Na última segunda-feira (19), o presidente nacional do PSDB, o pernambucano Bruno Araújo, afirmou ao jornal O Globo que o partido pode não ter candidato próprio no pleito de 2022, apoiando um aliado de outra sigla, pois "ninguém pode querer apoio sem ter disposição de apoiar". Sobre a declaração, Doria evitou fazer críticas ao correligionário, mas afirmou que o processo de prévias deve fortalecer o nome que for escolhido pelos tucanos para a disputa pela presidência.

"A colocação do Bruno foi sensata, talvez um pouco exagerada no título da matéria. O Bruno apoia as prévias no PSDB, prévias que vão definir quem será o candidato do partido, e ele sairá fortalecido de lá, exatamente para compor, não a terceira via, mas a melhor via, e obviamente terá a oportunidade de dialogar, fortalecido pelas prévias, com outros partidos que possam o ajudar e compor com esse centro democrático, com esse polo democrático que não é nem Lula nem Bolsonaro, nem extrema-esquerda, nem extrema-direita", colocou o governador paulista.

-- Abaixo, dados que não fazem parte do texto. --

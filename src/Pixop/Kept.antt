-- ===== src/Pixop/Kept.antt =====
-- src/pixop.c: the rows above the place of a drawing.
use kindle_launchpad.Base.{
  ◌-ℤ◌, ltb_ℤ, if◌then◌else◌, negsuc, ◌-◌, OnOk-always, true, ◌+ℤ◌, if_rule, ◌>>=◌, sym, ℕ, suc,
  ◌+◌, ◌*◌, ◌/◌, ◌%◌, ◌≤◌, ◌≡◌, refl, ap, ◌∙◌, ℤ, pos, Bytes, length, take, Outcome, ok, OnOk,
  OnOk->>=, Returns, Returns-map, Returns-OnOk, arith,
}
use kindle_launchpad.Pixop.Surface.{Pixmap, stride, IsAllocated}
use kindle_launchpad.Pixop.Draw.{
  is_int, no_overflow, pixmap_xtract, make_even, halve, with_surf, clip_high, counted, clip_low,
  fill_rows, copy_rows, pix_fill, pix_blt,
}
use kindle_launchpad.Pixop.Bounds.{counted_rule, pix_fill-Returns, pix_blt-IsAllocated}
use kindle_launchpad.Pixop.Rows.{SameFront, fill_rows-SameFront, copy_rows-SameFront}

-- The pixmap has its size, and the first `m` rows are as they were.
abbrev pub Kept : ℕ → Pixmap → Pixmap → Type 0
Kept m p q =
    (q.width ≡ p.width)
    × (q.height ≡ p.height)
    × (length q.surf ≡ length p.surf)
    × (take (m * stride p) q.surf ≡ take (m * stride p) p.surf)

pub Kept-refl : (m : ℕ) (p : Pixmap) → Kept m p p
Kept-refl m p = (refl, refl, refl, refl)

pub stride-Kept : (m : ℕ) (p q : Pixmap) → Kept m p q → stride q ≡ stride p
stride-Kept m p q kept = ap (λ w. (w + 1) / 2) kept.0

pub Kept-trans : (m : ℕ) (p q r : Pixmap) → Kept m p q → Kept m q r → Kept m p r
Kept-trans m p q r pq qr =
    let e = stride-Kept m p q pq in
    let (w1, h1, l1, f1) = pq in
    let (w2, h2, l2, f2) = qr in
    let front : take (m * stride p) r.surf ≡ take (m * stride p) q.surf = rw (sym e) f2 in
    (w2 ∙ w1, h2 ∙ h1, l2 ∙ l1, front ∙ f1)

Shape : Pixmap → ℕ → Pixmap × ℕ → Type 0
Shape p k r = (r.0.width ≡ p.width) × (r.0.height ≡ p.height) × SameFront k p.surf r.0.surf

unchanged : (p : Pixmap) (k n : ℕ) → Shape p k (p, n)
unfolding Shape
unchanged p k n = (refl, refl, refl)

drawn-Shape :
    (p : Pixmap) (k n : ℕ) (surf : Bytes) → SameFront k p.surf surf → Shape p k (with_surf p n surf)
unfolding Shape
drawn-Shape p k n surf e = (refl, refl, e)

counted-Shape :
    (p : Pixmap) (k : ℕ) (n : ℤ) (f : ℕ → Outcome (Pixmap × ℕ))
    → ((m : ℕ) → OnOk (Shape p k) (f (suc m)))
    → OnOk (Shape p k) (counted n (ok (p, 0)) f)
counted-Shape p k n f h =
    counted_rule (OnOk (Shape p k)) n (ok (p, 0)) f (unchanged p k 0) (λ m e. h m)

no_overflow_rule :
    (P : Pixmap × ℕ → Type 0) (sum : ℤ) (m : Outcome (Pixmap × ℕ))
    → OnOk P m
    → OnOk P (no_overflow sum m)
no_overflow_rule P sum m h = if_rule (OnOk P) (is_int sum) (λ e. h) (λ e. tt)

pix_fill-Shape :
    (dst : Pixmap) (bx : ℤ) (m : ℕ) (wd ht : ℤ) (color : ℕ)
    → OnOk (Shape dst (m * stride dst)) (pix_fill dst bx (pos m) wd ht color)
unfolding pix_fill
pix_fill-Shape dst bx m wd ht color =
    let k = m * stride dst in
    let (x, cut, w0) = clip_low (make_even bx) wd in
    let filled = λ (w h : ℕ).
      fill_rows h (k + x / 2) (stride dst) ((w + 1) / 2) (color % 16 * 17) dst.surf >>= λ surf.
      ok (with_surf dst (h * ((w + 1) / 2) * 2) surf) in
    no_overflow_rule (Shape dst k) (make_even bx +ℤ wd) _ (
      no_overflow_rule (Shape dst k) (pos m +ℤ ht) _ (
        counted-Shape dst k (clip_high dst.width x w0)
          (λ w. counted (clip_high dst.height m ht) (ok (dst, 0)) (filled w))
          (λ w. counted-Shape dst k (clip_high dst.height m ht) (filled (suc w)) (λ h.
            OnOk->>= (SameFront k dst.surf) (Shape dst k)
              (fill_rows (suc h) (k + x / 2) (stride dst) ((suc w + 1) / 2) (color % 16 * 17)
                dst.surf)
              _ (fill_rows-SameFront k (suc h) (k + x / 2) (stride dst) _ _ dst.surf (omega arith))
              (λ surf e. drawn-Shape dst k (suc h * ((suc w + 1) / 2) * 2) surf e)))))

pix_blt-Shape :
    (dst : Pixmap) (bx : ℤ) (m : ℕ) (src : Pixmap)
    → OnOk (Shape dst (m * stride dst)) (pix_blt dst bx (pos m) src)
unfolding pix_blt
pix_blt-Shape dst bx m src =
    let k = m * stride dst in
    let (x, sx, n0) = clip_low (halve (make_even bx)) (pos (stride src)) in
    let copied = λ (n l : ℕ).
      copy_rows l (k + x) (0 * stride src + sx) (stride dst) (stride src) n src.surf dst.surf
      >>= λ surf. ok (with_surf dst (l * n * 2) surf) in
    no_overflow_rule (Shape dst k) (halve (make_even bx) +ℤ pos (stride src)) _ (
      counted-Shape dst k (clip_high (stride dst) x n0)
        (λ n.
          no_overflow (pos m +ℤ pos src.height)
            (counted (clip_high dst.height m (pos src.height)) (ok (dst, 0)) (copied n)))
        (λ n. no_overflow_rule (Shape dst k) (pos m +ℤ pos src.height) _ (
          counted-Shape dst k (clip_high dst.height m (pos src.height)) (copied (suc n)) (λ l.
            OnOk->>= (SameFront k dst.surf) (Shape dst k)
              (copy_rows (suc l) (k + x) (0 * stride src + sx) (stride dst) (stride src) (suc n)
                src.surf dst.surf)
              _
              (copy_rows-SameFront k (suc l) (k + x) (0 * stride src + sx) (stride dst) (stride src)
                (suc n) src.surf dst.surf (omega arith))
              (λ surf e. drawn-Shape dst k (suc l * suc n * 2) surf e)))))

Kept-Shape :
    (m : ℕ) (p : Pixmap) (r : Pixmap × ℕ)
    → IsAllocated p
    → IsAllocated r.0 × Shape p (m * stride p) r
    → Kept m p r.0
unfolding Shape
Kept-Shape m p r alloc (still, (width, height, front)) =
    let size : length r.0.surf ≡ stride p * p.height = rw (sym width, sym height) still in
    (width, height, size ∙ sym alloc, front)

pub IsAllocated-Kept : (m : ℕ) (p q : Pixmap) → IsAllocated p → Kept m p q → IsAllocated q
IsAllocated-Kept m p q alloc (width, height, size, front) = rw (width, height) (size ∙ alloc)

pub pix_fill-Kept :
    (dst : Pixmap) (bx : ℤ) (m : ℕ) (wd ht : ℤ) (color : ℕ)
    → IsAllocated dst
    → is_int (make_even bx +ℤ wd) ≡ true
    → is_int (pos m +ℤ ht) ≡ true
    → Returns (λ r. Kept m dst r.0) (pix_fill dst bx (pos m) wd ht color)
pix_fill-Kept dst bx m wd ht color alloc fits_x fits_y =
    Returns-map _ _ _
      (Returns-OnOk _ _ _ (pix_fill-Returns dst bx (pos m) wd ht color alloc fits_x fits_y)
        (pix_fill-Shape dst bx m wd ht color))
      (λ r h. Kept-Shape m dst r alloc h)

pub pix_blt-Kept :
    (dst : Pixmap) (bx : ℤ) (m : ℕ) (src : Pixmap)
    → IsAllocated dst
    → stride src * src.height ≤ length src.surf
    → is_int (halve (make_even bx) +ℤ pos (stride src)) ≡ true
    → is_int (pos m +ℤ pos src.height) ≡ true
    → Returns (λ r. Kept m dst r.0) (pix_blt dst bx (pos m) src)
pix_blt-Kept dst bx m src alloc from fits_x fits_y =
    Returns-map _ _ _
      (Returns-OnOk _ _ _ (pix_blt-IsAllocated dst bx (pos m) src alloc from fits_x fits_y)
        (pix_blt-Shape dst bx m src))
      (λ r h. Kept-Shape m dst r alloc h)

-- The size in pixels.
abbrev pub SameShape : Pixmap → Pixmap × ℕ → Type 0
SameShape p r = (r.0.width ≡ p.width) × (r.0.height ≡ p.height)

pub pixmap_xtract-SameShape :
    (dst : Pixmap) (bx by : ℤ) (src : Pixmap) → OnOk (SameShape dst) (pixmap_xtract dst bx by src)
unfolding pixmap_xtract
pixmap_xtract-SameShape dst (negsuc x) by src = (refl, refl)
pixmap_xtract-SameShape dst (pos x) (negsuc y) src = (refl, refl)
pixmap_xtract-SameShape dst (pos x) (pos y) src =
    let P = OnOk (SameShape dst) in
    let bx = (x - x % 2) / 2 in
    let across = pos (stride src) -ℤ pos bx in
    let below = pos src.height -ℤ pos y in
    let n_bytes = if ltb_ℤ across (pos (stride dst)) then across else pos (stride dst) in
    let n_lines = if ltb_ℤ below (pos dst.height) then below else pos dst.height in
    let copied = λ (n lines : ℕ).
      copy_rows lines 0 (y * stride src + bx) (stride dst) (stride src) n src.surf dst.surf
      >>= λ surf. ok (with_surf dst (lines * n * 2) surf) in
    counted_rule P n_bytes (ok (dst, 0)) (λ n. counted n_lines (ok (dst, 0)) (copied n))
      (refl, refl)
      (λ n en.
        counted_rule P n_lines (ok (dst, 0)) (copied (suc n)) (refl, refl)
          (λ l el.
            OnOk->>= (λ surf. Unit {0}) (SameShape dst)
              (copy_rows (suc l) 0 (y * stride src + bx) (stride dst) (stride src) (suc n) src.surf
                dst.surf)
              _ (OnOk-always _) (λ surf e. (refl, refl))))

Na ocasião, Doria também mencionou que, caso não seja o escolhido pela agremiação para a disputa nacional, não concorrerá à reeleição em São Paulo e também não deixará o PSDB para participar da eleição à presidência por outro partido. Além disso, o gestor disse acreditar que, pelo que têm mostrado as últimas pesquisas de intenção de voto, acha muito improvável que o presidente Jair Bolsonaro (sem partido) chegue ao segundo turno em 2022.

"A queda de Bolsonaro nas pesquisas é de muita evidência. Ele caiu em janeiro, fevereiro, março, abril, maio junho e julho, já na primeira pesquisa realizada e divulgada este mês pelo Datafolha, entre outros institutos sérios de pesquisa. Ele vem caindo sistematicamente, não de maneira acelerada, mas vem caindo todos os meses. Eu acho pouco provável que ele dispute o segundo turno. Já o ex-presidente Lula (PT) está mantendo uma estabilidade na sua posição, o que é mais provável que o leve para o segundo turno. E a melhor via, que é a que eu defendo, do centro democrático, poderá disputar justamente com o Lula no segundo turno e, se isso ocorrer, terá boas chances de vencer", observou o tucano.